• Exercise instructions
Start with the first line of the data and end with the line that holds "probe_fat_numeric-detect_fat_type s bytes"; write out each one exactly.
--------
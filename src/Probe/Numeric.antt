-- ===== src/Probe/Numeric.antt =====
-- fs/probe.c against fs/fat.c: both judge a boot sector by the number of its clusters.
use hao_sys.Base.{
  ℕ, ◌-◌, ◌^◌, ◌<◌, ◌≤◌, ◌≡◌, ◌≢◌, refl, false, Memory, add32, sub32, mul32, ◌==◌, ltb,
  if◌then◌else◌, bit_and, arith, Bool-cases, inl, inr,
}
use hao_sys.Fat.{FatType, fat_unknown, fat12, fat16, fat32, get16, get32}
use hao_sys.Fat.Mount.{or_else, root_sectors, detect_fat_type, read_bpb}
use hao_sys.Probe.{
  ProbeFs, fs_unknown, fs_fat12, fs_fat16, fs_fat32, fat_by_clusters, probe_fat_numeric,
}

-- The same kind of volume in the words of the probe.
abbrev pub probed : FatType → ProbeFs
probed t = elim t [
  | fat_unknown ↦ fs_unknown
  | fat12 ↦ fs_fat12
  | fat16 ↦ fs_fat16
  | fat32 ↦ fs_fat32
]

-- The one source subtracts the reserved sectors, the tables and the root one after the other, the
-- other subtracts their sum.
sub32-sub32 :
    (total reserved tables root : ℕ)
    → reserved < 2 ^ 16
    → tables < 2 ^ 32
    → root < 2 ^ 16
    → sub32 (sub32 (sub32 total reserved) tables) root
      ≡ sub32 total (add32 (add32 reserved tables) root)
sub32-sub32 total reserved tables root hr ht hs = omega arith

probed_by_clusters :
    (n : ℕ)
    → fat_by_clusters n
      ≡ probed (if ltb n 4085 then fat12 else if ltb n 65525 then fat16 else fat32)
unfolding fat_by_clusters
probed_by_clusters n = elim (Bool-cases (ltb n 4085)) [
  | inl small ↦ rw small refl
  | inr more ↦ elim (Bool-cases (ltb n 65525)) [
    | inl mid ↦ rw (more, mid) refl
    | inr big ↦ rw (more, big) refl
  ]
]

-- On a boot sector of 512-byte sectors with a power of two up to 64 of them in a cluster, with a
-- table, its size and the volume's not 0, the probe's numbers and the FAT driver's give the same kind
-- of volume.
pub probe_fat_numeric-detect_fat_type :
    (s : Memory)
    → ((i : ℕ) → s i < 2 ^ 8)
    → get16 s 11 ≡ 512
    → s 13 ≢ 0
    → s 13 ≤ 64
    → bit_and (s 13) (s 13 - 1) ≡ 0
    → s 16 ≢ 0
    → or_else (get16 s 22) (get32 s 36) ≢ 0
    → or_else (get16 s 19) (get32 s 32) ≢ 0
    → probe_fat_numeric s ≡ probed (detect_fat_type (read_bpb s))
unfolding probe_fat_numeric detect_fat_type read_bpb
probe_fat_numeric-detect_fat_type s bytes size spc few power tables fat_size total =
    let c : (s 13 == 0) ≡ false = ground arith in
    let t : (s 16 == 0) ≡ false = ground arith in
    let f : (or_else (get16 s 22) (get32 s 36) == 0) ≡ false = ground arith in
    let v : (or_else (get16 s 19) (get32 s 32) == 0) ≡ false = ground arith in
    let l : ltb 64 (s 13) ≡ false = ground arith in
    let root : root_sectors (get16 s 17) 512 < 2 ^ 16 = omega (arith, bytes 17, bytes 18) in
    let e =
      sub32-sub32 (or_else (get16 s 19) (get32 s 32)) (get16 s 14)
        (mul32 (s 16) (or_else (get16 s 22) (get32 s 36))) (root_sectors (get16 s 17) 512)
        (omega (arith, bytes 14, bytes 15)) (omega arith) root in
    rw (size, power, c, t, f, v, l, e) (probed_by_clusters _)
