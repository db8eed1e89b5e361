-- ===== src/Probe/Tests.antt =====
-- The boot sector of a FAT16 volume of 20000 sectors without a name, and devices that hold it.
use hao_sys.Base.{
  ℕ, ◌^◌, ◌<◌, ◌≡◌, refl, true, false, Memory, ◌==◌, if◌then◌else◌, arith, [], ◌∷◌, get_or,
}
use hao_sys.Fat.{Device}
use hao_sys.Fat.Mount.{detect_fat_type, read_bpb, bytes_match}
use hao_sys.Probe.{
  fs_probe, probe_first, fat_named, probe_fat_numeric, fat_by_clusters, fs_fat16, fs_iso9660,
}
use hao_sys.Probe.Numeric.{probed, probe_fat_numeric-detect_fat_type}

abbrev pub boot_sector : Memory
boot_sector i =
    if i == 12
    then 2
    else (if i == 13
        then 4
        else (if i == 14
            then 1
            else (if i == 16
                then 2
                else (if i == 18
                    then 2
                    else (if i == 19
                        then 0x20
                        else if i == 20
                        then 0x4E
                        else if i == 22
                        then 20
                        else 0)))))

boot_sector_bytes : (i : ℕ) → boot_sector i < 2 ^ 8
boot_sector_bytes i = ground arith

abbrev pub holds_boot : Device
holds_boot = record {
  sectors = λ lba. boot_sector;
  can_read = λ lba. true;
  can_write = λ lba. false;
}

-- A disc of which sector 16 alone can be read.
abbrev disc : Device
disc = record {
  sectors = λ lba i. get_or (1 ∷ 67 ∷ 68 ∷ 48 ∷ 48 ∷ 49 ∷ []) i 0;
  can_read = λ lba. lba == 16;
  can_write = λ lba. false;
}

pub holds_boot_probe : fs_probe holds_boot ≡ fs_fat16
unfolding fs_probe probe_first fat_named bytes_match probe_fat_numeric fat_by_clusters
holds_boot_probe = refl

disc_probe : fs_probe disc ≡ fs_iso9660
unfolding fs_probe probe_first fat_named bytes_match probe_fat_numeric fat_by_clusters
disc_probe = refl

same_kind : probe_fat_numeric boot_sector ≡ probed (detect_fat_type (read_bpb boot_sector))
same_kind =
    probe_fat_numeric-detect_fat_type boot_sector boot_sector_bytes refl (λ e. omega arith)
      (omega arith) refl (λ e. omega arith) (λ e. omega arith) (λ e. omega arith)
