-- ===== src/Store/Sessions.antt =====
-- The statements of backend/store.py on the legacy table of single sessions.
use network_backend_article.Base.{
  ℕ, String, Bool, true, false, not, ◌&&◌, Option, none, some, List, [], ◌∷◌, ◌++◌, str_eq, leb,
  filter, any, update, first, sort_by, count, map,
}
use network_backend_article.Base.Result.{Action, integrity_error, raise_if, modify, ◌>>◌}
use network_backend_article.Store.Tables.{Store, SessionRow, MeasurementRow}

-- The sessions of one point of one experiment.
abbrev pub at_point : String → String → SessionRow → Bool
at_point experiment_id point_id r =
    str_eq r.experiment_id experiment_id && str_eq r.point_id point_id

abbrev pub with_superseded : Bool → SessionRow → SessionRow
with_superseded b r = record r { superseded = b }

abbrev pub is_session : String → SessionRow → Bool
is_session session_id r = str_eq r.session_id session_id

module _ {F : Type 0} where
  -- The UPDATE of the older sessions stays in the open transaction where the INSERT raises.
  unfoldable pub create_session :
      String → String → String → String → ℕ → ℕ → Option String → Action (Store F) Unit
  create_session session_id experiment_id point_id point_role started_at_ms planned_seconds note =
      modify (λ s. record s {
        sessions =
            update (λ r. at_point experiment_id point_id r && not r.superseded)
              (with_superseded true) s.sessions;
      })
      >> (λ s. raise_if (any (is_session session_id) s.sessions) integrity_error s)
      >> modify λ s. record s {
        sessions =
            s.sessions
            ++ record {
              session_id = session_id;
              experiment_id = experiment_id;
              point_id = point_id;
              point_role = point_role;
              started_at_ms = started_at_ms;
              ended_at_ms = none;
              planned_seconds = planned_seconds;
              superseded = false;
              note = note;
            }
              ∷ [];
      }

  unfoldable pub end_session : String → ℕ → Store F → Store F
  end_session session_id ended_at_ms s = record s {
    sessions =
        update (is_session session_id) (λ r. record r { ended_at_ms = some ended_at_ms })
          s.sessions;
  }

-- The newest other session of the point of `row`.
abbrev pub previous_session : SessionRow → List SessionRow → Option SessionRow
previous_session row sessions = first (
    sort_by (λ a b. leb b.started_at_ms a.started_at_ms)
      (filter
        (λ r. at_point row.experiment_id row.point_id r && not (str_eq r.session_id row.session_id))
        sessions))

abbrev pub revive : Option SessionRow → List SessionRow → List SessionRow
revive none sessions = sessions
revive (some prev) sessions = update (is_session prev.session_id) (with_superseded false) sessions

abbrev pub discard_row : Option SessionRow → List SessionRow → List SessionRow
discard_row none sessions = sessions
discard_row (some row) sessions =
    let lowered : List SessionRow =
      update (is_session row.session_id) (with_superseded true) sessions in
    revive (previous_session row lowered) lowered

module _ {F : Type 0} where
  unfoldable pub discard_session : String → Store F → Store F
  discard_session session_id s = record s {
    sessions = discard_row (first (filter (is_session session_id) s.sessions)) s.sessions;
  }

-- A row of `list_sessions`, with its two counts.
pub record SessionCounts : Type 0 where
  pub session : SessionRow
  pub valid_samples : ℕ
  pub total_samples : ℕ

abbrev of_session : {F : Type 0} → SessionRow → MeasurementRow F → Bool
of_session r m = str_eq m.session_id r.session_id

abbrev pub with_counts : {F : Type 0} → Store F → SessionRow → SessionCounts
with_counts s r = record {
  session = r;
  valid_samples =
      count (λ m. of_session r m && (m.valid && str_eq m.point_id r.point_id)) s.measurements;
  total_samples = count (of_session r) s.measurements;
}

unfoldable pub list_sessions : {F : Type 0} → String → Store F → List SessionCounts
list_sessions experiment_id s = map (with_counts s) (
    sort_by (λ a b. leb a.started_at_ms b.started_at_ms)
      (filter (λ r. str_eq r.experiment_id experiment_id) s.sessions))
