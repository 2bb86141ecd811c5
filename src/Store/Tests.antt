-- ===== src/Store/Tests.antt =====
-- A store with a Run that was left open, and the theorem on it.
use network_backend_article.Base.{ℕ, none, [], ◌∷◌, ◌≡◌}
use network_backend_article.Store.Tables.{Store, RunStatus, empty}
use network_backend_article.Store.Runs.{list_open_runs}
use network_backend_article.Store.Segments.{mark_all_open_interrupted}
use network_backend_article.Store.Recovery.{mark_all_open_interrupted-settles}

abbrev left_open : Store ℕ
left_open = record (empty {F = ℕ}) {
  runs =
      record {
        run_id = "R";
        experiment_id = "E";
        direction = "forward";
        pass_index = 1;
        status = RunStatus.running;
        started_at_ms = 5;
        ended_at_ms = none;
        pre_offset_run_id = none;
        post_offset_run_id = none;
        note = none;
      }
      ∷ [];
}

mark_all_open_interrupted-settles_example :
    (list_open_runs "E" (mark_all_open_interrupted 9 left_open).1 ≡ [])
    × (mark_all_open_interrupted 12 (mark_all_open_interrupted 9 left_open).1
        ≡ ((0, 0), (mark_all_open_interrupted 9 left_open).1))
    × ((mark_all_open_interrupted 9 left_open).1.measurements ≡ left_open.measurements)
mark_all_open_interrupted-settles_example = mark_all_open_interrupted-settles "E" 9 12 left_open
--------
• Response area
filename src/Probe/Numeric.antt
-- ===== src/Probe/Numeric.antt =====
-- fs/probe.c against fs/fat.c: both judge a boot sector by the number of its clusters.
use hao_sys.Base.{
  ℕ, ◌-◌, ◌^◌, ◌<◌, ◌≤◌, ◌≡◌, ◌≢◌, refl, false, Memory, add32, sub32, mul32, ◌==◌, ltb,
  if◌then◌else◌, bit_and, arith, Bool-cases, inl, inr,
}
use hao_sys.Fat.{FatType, fat_unknown, fat12, fat16, fat32, get16, get32}
use hao_sys.Fat.Mount.{or_else, root_sectors, detect_fat_type, read_bpb}
use hao_sys.Probe.{
  ProbeFs, fs_unknown, fs_fat12, fs_fat16, fs_fat32, fat_by_clusters, probe_fat_numeric,
}

-- The same kind of volume in the words of the probe.
abbrev pub probed : FatType → ProbeFs
probed t = elim t [
  | fat_unknown ↦ fs_unknown
  | fat12 ↦ fs_fat12
  | fat16 ↦ fs_fat16
  | fat32 ↦ fs_fat32
]

-- The one source subtracts the reserved sectors, the tables and the root one after the other, the
-- other subtracts their sum.
sub32-sub32 :
    (total reserved tables root : ℕ)
    → reserved < 2 ^ 16
    → tables < 2 ^ 32
    → root < 2 ^ 16
    → sub32 (sub32 (sub32 total reserved) tables) root
      ≡ sub32 total (add32 (add32 reserved tables) root)
sub32-sub32 total reserved tables root hr ht hs = omega arith

probed_by_clusters :
    (n : ℕ)
    → fat_by_clusters n
      ≡ probed (if ltb n 4085 then fat12 else if ltb n 65525 then fat16 else fat32)
unfolding fat_by_clusters
probed_by_clusters n = elim (Bool-cases (ltb n 4085)) [
  | inl small ↦ rw small refl
  | inr more ↦ elim (Bool-cases (ltb n 65525)) [
    | inl mid ↦ rw (more, mid) refl
    | inr big ↦ rw (more, big) refl
  ]
]

-- On a boot sector of 512-byte sectors with a power of two up to 64 of them in a cluster, with a
-- table, its size and the volume's not 0, the probe's numbers and the FAT driver's give the same kind
-- of volume.
pub probe_fat_numeric-detect_fat_type :
    (s : Memory)
    → ((i : ℕ) → s i < 2 ^ 8)
    → get16 s 11 ≡ 512
    → s 13 ≢ 0
    → s 13 ≤ 64
    → bit_and (s 13) (s 13 - 1) ≡ 0
    → s 16 ≢ 0
    → or_else (get16 s 22) (get32 s 36) ≢ 0
    → or_else (get16 s 19) (get32 s 32) ≢ 0
    → probe_fat_numeric s ≡ probed (detect_fat_type (read_bpb s))
unfolding probe_fat_numeric detect_fat_type read_bpb
probe_fat_numeric-detect_fat_type s bytes size spc few power tables fat_size total =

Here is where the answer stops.